--- START ---

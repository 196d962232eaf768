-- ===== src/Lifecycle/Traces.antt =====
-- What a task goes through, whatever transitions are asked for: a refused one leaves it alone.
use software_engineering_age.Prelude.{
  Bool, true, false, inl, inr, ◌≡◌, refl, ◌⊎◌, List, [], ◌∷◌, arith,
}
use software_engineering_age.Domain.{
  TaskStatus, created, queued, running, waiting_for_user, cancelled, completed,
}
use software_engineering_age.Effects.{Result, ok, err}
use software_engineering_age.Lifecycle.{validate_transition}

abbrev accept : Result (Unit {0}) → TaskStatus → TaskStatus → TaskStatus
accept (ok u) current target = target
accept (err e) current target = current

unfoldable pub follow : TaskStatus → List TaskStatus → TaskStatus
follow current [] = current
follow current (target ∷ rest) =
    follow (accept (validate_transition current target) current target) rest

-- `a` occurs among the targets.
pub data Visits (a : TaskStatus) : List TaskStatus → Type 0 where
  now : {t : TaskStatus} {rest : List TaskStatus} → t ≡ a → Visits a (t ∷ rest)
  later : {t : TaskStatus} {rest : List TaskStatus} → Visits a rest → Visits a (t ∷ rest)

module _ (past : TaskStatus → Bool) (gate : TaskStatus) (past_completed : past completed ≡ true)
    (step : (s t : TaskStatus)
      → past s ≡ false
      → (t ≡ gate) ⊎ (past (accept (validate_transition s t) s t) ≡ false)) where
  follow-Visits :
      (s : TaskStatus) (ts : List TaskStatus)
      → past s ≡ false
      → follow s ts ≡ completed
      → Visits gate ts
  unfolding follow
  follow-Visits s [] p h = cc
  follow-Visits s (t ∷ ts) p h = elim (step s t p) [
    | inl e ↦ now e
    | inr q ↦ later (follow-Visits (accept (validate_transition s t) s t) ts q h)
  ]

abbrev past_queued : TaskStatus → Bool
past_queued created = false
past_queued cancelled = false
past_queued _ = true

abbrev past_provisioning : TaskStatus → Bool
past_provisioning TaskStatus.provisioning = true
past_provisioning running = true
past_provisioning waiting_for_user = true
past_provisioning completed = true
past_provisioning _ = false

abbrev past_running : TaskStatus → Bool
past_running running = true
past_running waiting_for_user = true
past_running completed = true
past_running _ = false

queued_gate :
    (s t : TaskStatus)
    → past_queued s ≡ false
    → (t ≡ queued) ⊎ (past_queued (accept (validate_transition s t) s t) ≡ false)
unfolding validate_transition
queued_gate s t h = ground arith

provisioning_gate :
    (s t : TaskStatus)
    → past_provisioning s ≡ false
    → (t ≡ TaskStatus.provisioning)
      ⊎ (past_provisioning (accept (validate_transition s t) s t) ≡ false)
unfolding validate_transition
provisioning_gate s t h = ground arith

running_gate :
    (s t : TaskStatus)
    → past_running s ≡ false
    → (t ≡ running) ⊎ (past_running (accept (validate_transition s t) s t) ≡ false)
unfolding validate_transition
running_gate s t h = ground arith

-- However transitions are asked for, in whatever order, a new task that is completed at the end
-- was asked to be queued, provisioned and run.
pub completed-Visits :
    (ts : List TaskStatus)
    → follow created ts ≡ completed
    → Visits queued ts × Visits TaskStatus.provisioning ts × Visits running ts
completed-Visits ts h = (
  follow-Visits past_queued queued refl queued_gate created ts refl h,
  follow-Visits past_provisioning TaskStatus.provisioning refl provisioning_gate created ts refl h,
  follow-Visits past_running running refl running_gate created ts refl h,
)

--- END ---

BRIEF: Give back the records above exactly, limited to the lines between the one holding "abbrev accept : Result" and the one holding "among the targets.", inclusive.

RESPONSE FOR THIS EXERCISE:
abbrev accept : Result (Unit {0}) → TaskStatus → TaskStatus → TaskStatus
accept (ok u) current target = target
accept (err e) current target = current

unfoldable pub follow : TaskStatus → List TaskStatus → TaskStatus
follow current [] = current
follow current (target ∷ rest) =
    follow (accept (validate_transition current target) current target) rest

-- `a` occurs among the targets.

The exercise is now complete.